Pass a `scale_vars` object in which all covariates have a fixed `radius` (i.e.,
`radius` is not `NULL` in `landscape_var()`). No `sigma` argument is needed
because no scale is being optimized.

```{r standalone-metric-rasters, fig.cap = "***Landscape metric surfaces computed directly from the source rasters at a fixed 500 m radius.***", fig.height = 7}
## Define several metrics at a fixed 500 m radius
standalone_vars <- msr_vars(
  land1_ai    = landscape_var("land1",    metric = "ai",    radius = 500),
  land1_ed    = landscape_var("land1",    metric = "ed",    radius = 500),
  land1_lsi   = landscape_var("land1",    metric = "lsi",   radius = 500),
  land1_pladj = landscape_var("land1",    metric = "pladj", radius = 500),
  cover_shdi  = landscape_var("landcover", metric = "shdi",  radius = 500),
  cover_pr    = landscape_var("landcover", metric = "pr",    radius = 500),
  cover_sidi  = landscape_var("landcover", metric = "sidi",  radius = 500)
)

## Apply directly — no multiScaleR object or sigma values required
metric_surfaces <- kernel_scale.raster(
  raster_stack = metric_rasters,
  scale_vars   = standalone_vars,
  verbose      = FALSE
)

plot(metric_surfaces)
```

Each output layer is named after the covariate defined in `msr_vars()`:

```{r standalone-names}
names(metric_surfaces)
```

You can also compute a single metric in one line without defining a `msr_vars()`
object — simply wrap a single `landscape_var()` call:

```{r standalone-single, fig.cap = "***Edge density within a 300 m radius.***"}
ed_300 <- kernel_scale.raster(
  raster_stack = metric_rasters["land1"],
  scale_vars   = msr_vars(ed_300m = landscape_var("land1", metric = "ed", radius = 300)),
  verbose      = FALSE
)

plot(ed_300, main = "Edge density (m/ha) within 300 m")
```

Different radii produce notably different surfaces for the same metric. The
example below computes edge density at three scales and plots them together for
comparison:

```{r standalone-multiscale, fig.cap = "***Edge density at three spatial scales.***", fig.height = 3.5}
ed_multi <- kernel_scale.raster(
  raster_stack = metric_rasters["land1"],
  scale_vars   = msr_vars(
    ed_200m = landscape_var("land1", metric = "ed", radius = 200),
    ed_500m = landscape_var("land1", metric = "ed", radius = 500),
    ed_900m = landscape_var("land1", metric = "ed", radius = 900)
  ),
  verbose = FALSE
)

plot(ed_multi,
     main = c("ED — 200 m", "ED — 500 m", "ED — 900 m"))
```

---

# Optimizing landscape metric radii

To optimize the scale of a landscape metric, omit `radius` from
`landscape_var()`. For example:

```{r optimized-landscape-vars, eval = FALSE}
scale_vars_opt <- msr_vars(
  land1_prop = kernel_var("land1"),
  land1_ed = landscape_var("land1", metric = "ed"),
  landcover_shdi = landscape_var("landcover", metric = "shdi")
)
```

This is statistically meaningful, but it is more computationally expensive than
optimizing a kernel-weighted mean.
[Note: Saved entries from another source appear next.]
-- ===== src/Prelude/Bytes/Index.antt =====
-- bytes.IndexByte, and the cut of a text at the byte that it finds.
use Prim.Native.Nat.{suc, zero, ℕ, ◌<◌, ◌≤◌}
use mathlib.Core.Bool.{false}
use mathlib.Core.List.{[], ◌++◌, ◌∷◌}
use mathlib.Core.Logic.{inl, inr}
use mathlib.Core.Option.{Option, none, some}
use mathlib.Core.Path.{ap, refl, ◌≡◌}
use native.Mathlib.Omega.{arith}
use docker_monitor.Prelude.Bytes.{Bytes}
use docker_monitor.Prelude.Lists.{All, drop, length, take}
use docker_monitor.Prelude.Tests.{Bool-cases, Option-cases, if◌then◌else◌, ◌==◌}

abbrev shifted : Option ℕ → Option ℕ
shifted none = none
shifted (some i) = some (suc i)

unfoldable pub index_byte : ℕ → Bytes → Option ℕ
index_byte b [] = none
index_byte b (c ∷ s) = if c == b then some 0 else shifted (index_byte b s)

-- The byte does not occur.
abbrev pub Lacks : ℕ → Bytes → Type 0
Lacks b = All (λ c. (c == b) ≡ false)

pub index_byte-none : (b : ℕ) (s : Bytes) → index_byte b s ≡ none → Lacks b s
unfolding index_byte
index_byte-none b [] h = tt
index_byte-none b (c ∷ s) h = elim (Bool-cases (c == b)) [
  | inl here ↦ absurd (ground arith)
  | inr other ↦ elim (Option-cases (index_byte b s)) [
    | inl e ↦ (other, index_byte-none b s e)
    | inr (j, e) ↦ absurd (ground arith)
  ]
]

-- The text up to the byte, the byte, and what follows.
pub record Cut (b : ℕ) (s : Bytes) (i : ℕ) : Type 0 where
  pub lacks : Lacks b (take i s)
  pub splits : s ≡ take i s ++ (b ∷ drop (suc i) s)
  pub within : i < length s

pub index_byte-some : (b : ℕ) (s : Bytes) (i : ℕ) → index_byte b s ≡ some i → Cut b s i
unfolding index_byte
index_byte-some b [] i h = cc
index_byte-some b (c ∷ s) i h = elim (Bool-cases (c == b)) [
  | inl here ↦
      let z : 0 ≡ i = ground arith in
      let same : c ≡ b = ground arith in
      rw (← z) (record { lacks = tt; splits = rw same; within = omega arith })
  | inr other ↦ elim (Option-cases (index_byte b s)) [
    | inl e ↦ absurd (ground arith)
    | inr (j, e) ↦
        let next : suc j ≡ i = ground arith in
        let rest = index_byte-some b s j e in
        rw (← next) (record {
          lacks = (other, rest.lacks);
          splits = ap (◌∷◌ c) rest.splits;
          within = omega (arith, rest.within);
        })
  ]
]

pub Lacks-take : (b k : ℕ) (s : Bytes) → Lacks b s → Lacks b (take k s)
Lacks-take b zero s h = tt
Lacks-take b (suc k) [] h = tt
Lacks-take b (suc k) (c ∷ s) h = (h.0, Lacks-take b k s h.1)

pub Lacks-take_le : (b k i : ℕ) (s : Bytes) → k ≤ i → Lacks b (take i s) → Lacks b (take k s)
Lacks-take_le b zero i s le h = tt
Lacks-take_le b (suc k) zero s le h = absurd (omega arith)
Lacks-take_le b (suc k) (suc i) [] le h = tt
Lacks-take_le b (suc k) (suc i) (c ∷ s) le h = (h.0, Lacks-take_le b k i s (omega arith) h.1)

-- The byte behind the first k ones, where it is known to be another one.
pub drop_head :
    (b k : ℕ) (s : Bytes)
    → k < length s
    → Lacks b (take (suc k) s)
    → (c : ℕ) × (r : Bytes) × (drop k s ≡ c ∷ r) × ((c == b) ≡ false)
drop_head b k [] lt h = absurd (omega arith)
drop_head b zero (c ∷ s) lt h = (c, s, refl, h.0)
drop_head b (suc k) (c ∷ s) lt h = drop_head b k s (omega arith) h.1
At each candidate radius, the landscape metric
must be recalculated for every sample point. For moderate or large data sets,
consider first testing the workflow with a subset of points or using
precomputed results in reproducible documents.

---

# Practical guidance

Use fixed-radius landscape metrics when you have a biologically motivated buffer
distance or when the metric is expensive to recompute. Use optimized landscape
metric radii when the scale itself is a central question and computation time is
acceptable.

At present, optimized landscape metrics are not supported with
`kernel = "expow"` because the exponential-power shape parameter does not apply
cleanly to fixed-buffer landscape metrics.